My last post was titled Death by Nutcracker but thankfully I am still alive for anyone out there who was wondering. It has been a very busy two weeks:

   Nutcracker this year went well, the best it has ever gone for me personally. I really enjoyed performing onstage, everything went perfectly all of the nights (for me), I was much more relaxed onstage and felt much more confident.  While onstage I really felt a connection to the audience and I also felt a lot more secure about everything that was happening around me. It was great and I always was so happy while we were performing.
   Offstage however I was the COMPLETE opposite, I felt really terrible about my parts, I kept telling myself that I didn't have the level, the body, the energy, anything. I knew that I was being negative but that didn't help me.  I felt like most of the positive energy I had was sucked out of me and reserved for the stage. I felt very self conscious and insecure.... it was very strange.
     All in all I had the best round of shows that I have ever done, but it was not until the after the last show that I felt truly happy. I was so relieved that every I had pulled my part for every single show. Finally the pressure I had been crushing myself with was off as well.
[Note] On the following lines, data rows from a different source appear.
-- ===== src/Rest/Netrid/Duplicates.antt =====
-- A repeated Network Remote ID packet is dropped: server/src/rest/api/netrid.rs.
use svc_telemetry.Base.{
  true, none, err, ℕ, suc, ◌^◌, ◌<◌, ◌≡◌, refl, ◌∙◌, arith, false, ◌∷◌, some, ok, length, ◌==◌,
  if◌then◌else◌,
}
use svc_telemetry.World.{Bytes, History, Io, ◌>>=◌, return}
use svc_telemetry.World.Effects.{Yields, bind-Yields, return-Yields, bind_ok}
use svc_telemetry.Cache.{TelemetryPools, bytes_to_key}
use svc_telemetry.Cache.Pool.Counting.{IsCounting, incrs, stored_key, increment-incrs}
use svc_telemetry.Msg.Netrid.{Frame}
use svc_telemetry.Msg.Netrid.Fields.{MessageType}
use svc_telemetry.Msg.Netrid.Clock.{Chrono}
use svc_telemetry.Rest.Status.{bad_request, StatusCode}
use svc_telemetry.Rest.Jwt.{Claim}
use svc_telemetry.Rest.Service.{Service}
use svc_telemetry.Rest.Netrid.{
  Unpack, process_message, on_count, count_reporters, is_basic, network_remote_id,
  cache_expire_ms_netrid,
}
use svc_telemetry.Rest.Netrid.Replies.{counting}

-- The key under which a packet is counted.
abbrev pub packet_key : TelemetryPools → Bytes → Bytes
packet_key pools payload = stored_key pools.netrid (bytes_to_key payload)

count_reporters_lem :
    (c : Chrono) (sv : Service c) (un : Unpack) (k : IsCounting sv.backends)
    (pools : TelemetryPools) (t : MessageType) (payload : Bytes) (h : History)
    → is_basic t ≡ false
    → suc (incrs (packet_key pools payload) h) < 2 ^ 32
    → count_reporters c sv un pools t payload h
      ≡ (ok (suc (incrs (packet_key pools payload) h)), counting c sv un pools payload ∷ h)
unfolding count_reporters
count_reporters_lem c sv un k pools t payload h nb small = ground (
  arith,
  increment-incrs sv.backends k pools.netrid (bytes_to_key payload) cache_expire_ms_netrid h small,
)

on_count_lem :
    (c : Chrono) (sv : Service c) (un : Unpack) (n : ℕ) (p : Io StatusCode (Unit {0})) (h : History)
    → on_count c sv un (suc n) p h ≡ (if n == 0 then (p >>= λ _. return 1) h else (ok (suc n), h))
unfolding on_count
on_count_lem c sv un n p h = ground arith

unpacked :
    (c : Chrono) (sv : Service c) (un : Unpack) (pools : TelemetryPools) (claim : Claim)
    (payload : Bytes) (f : Frame) (h : History)
    → length payload ≡ 25
    → un.frame payload ≡ some f
    → network_remote_id c sv un pools claim payload h
      ≡ (count_reporters c sv un pools f.header.message_type payload >>= λ n.
            on_count c sv un n (process_message c sv un f.header.message_type claim.sub f.message))
          h
unfolding network_remote_id
unpacked c sv un pools claim payload f h len fr = rw len (rw fr refl)

-- A packet of another length, and one that is no frame.
pub network_remote_id_short :
    (c : Chrono) (sv : Service c) (un : Unpack) (pools : TelemetryPools) (claim : Claim)
    (payload : Bytes) (h : History)
    → length payload == 25 ≡ false
    → network_remote_id c sv un pools claim payload h ≡ (err bad_request, h)
unfolding network_remote_id
network_remote_id_short c sv un pools claim payload h e = rw e refl

pub network_remote_id_unframed :
    (c : Chrono) (sv : Service c) (un : Unpack) (pools : TelemetryPools) (claim : Claim)
    (payload : Bytes) (h : History)
    → length payload == 25 ≡ true
    → un.frame payload ≡ none
    → network_remote_id c sv un pools claim payload h ≡ (err bad_request, h)
unfolding network_remote_id
network_remote_id_unframed c sv un pools claim payload h e w = rw e (rw w refl)

-- With a counting Redis, a packet of 25 bytes that unpacks to a frame, is no basic message and was
-- counted less than 2 ^ 32 - 1 times, is processed when its key was not counted before; otherwise it is
-- answered with its count, and nothing but the increment is sent.
pub network_remote_id-incrs :
    (c : Chrono) (sv : Service c) (un : Unpack) (k : IsCounting sv.backends)
    (pools : TelemetryPools) (claim : Claim) (payload : Bytes) (f : Frame) (h : History)
    → length payload ≡ 25
    → un.frame payload ≡ some f
    → is_basic f.header.message_type ≡ false
    → suc (incrs (packet_key pools payload) h) < 2 ^ 32
    → network_remote_id c sv un pools claim payload h ≡ (
        if incrs (packet_key pools payload) h == 0
        then (process_message c sv un f.header.message_type claim.sub f.message >>= λ _. return 1)
            (counting c sv un pools payload ∷ h)
        else (ok (suc (incrs (packet_key pools payload) h)), counting c sv un pools payload ∷ h))
network_remote_id-incrs c sv un k pools claim payload f h len fr nb small =
    let process = process_message c sv un f.header.message_type claim.sub f.message in
    unpacked c sv un pools claim payload f h len fr
    ∙ bind_ok (count_reporters c sv un pools f.header.message_type payload)
        (λ n. on_count c sv un n process) _ h (counting c sv un pools payload ∷ h)
        (count_reporters_lem c sv un k pools f.header.message_type payload h nb small)
    ∙ on_count_lem c sv un (incrs (packet_key pools payload) h) process
        (counting c sv un pools payload ∷ h)

-- A first report, if it is processed with success, is answered with 1.
pub first-Yields :
    (c : Chrono) (sv : Service c) (un : Unpack) (t : MessageType) (sub message : Bytes)
    → Yields {A = ℕ} 1 (process_message c sv un t sub message >>= λ _. return 1)
first-Yields c sv un t sub message =
    bind-Yields {A = ℕ} 1 _ _ λ u. return-Yields StatusCode {A = ℕ} 1

-- A basic message is processed without being counted.
pub basic_report :
    (c : Chrono) (sv : Service c) (un : Unpack) (pools : TelemetryPools) (claim : Claim)
    (payload : Bytes) (f : Frame) (h : History)
    → length payload ≡ 25
    → un.frame payload ≡ some f
    → is_basic f.header.message_type ≡ true
    → network_remote_id c sv un pools claim payload h
      ≡ (process_message c sv un f.header.message_type claim.sub f.message >>= λ _. return 1) h
unfolding count_reporters
basic_report c sv un pools claim payload f h len fr b =
    let process = process_message c sv un f.header.message_type claim.sub f.message in
    unpacked c sv un pools claim payload f h len fr
    ∙ bind_ok (count_reporters c sv un pools f.header.message_type payload)
        (λ n. on_count c sv un n process) 1 h h (uncounted h)
    ∙ on_count_lem c sv un 0 process h
  where
    uncounted :
        (h : History) → count_reporters c sv un pools f.header.message_type payload h ≡ (ok 1, h)
    uncounted h = rw b refl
    After Nutcracker I had intended to keep dancing by taking open classes.  But when I woke up on the Monday morning after the final performance there was no way anything was going to happen. I had so many things to do. Suddenly all of the things that had been pushed aside during the year were super important. I was out of the house by 9:00 that morning  and came home at 6:00. Most of the following days followed the same pace. Running and racing everywhere to do this and that and this and that. So while I did have a break I never really stopped rolling. Then after boxing day I had one day where I stayed at home all day and after that magically my need to dance came back!!!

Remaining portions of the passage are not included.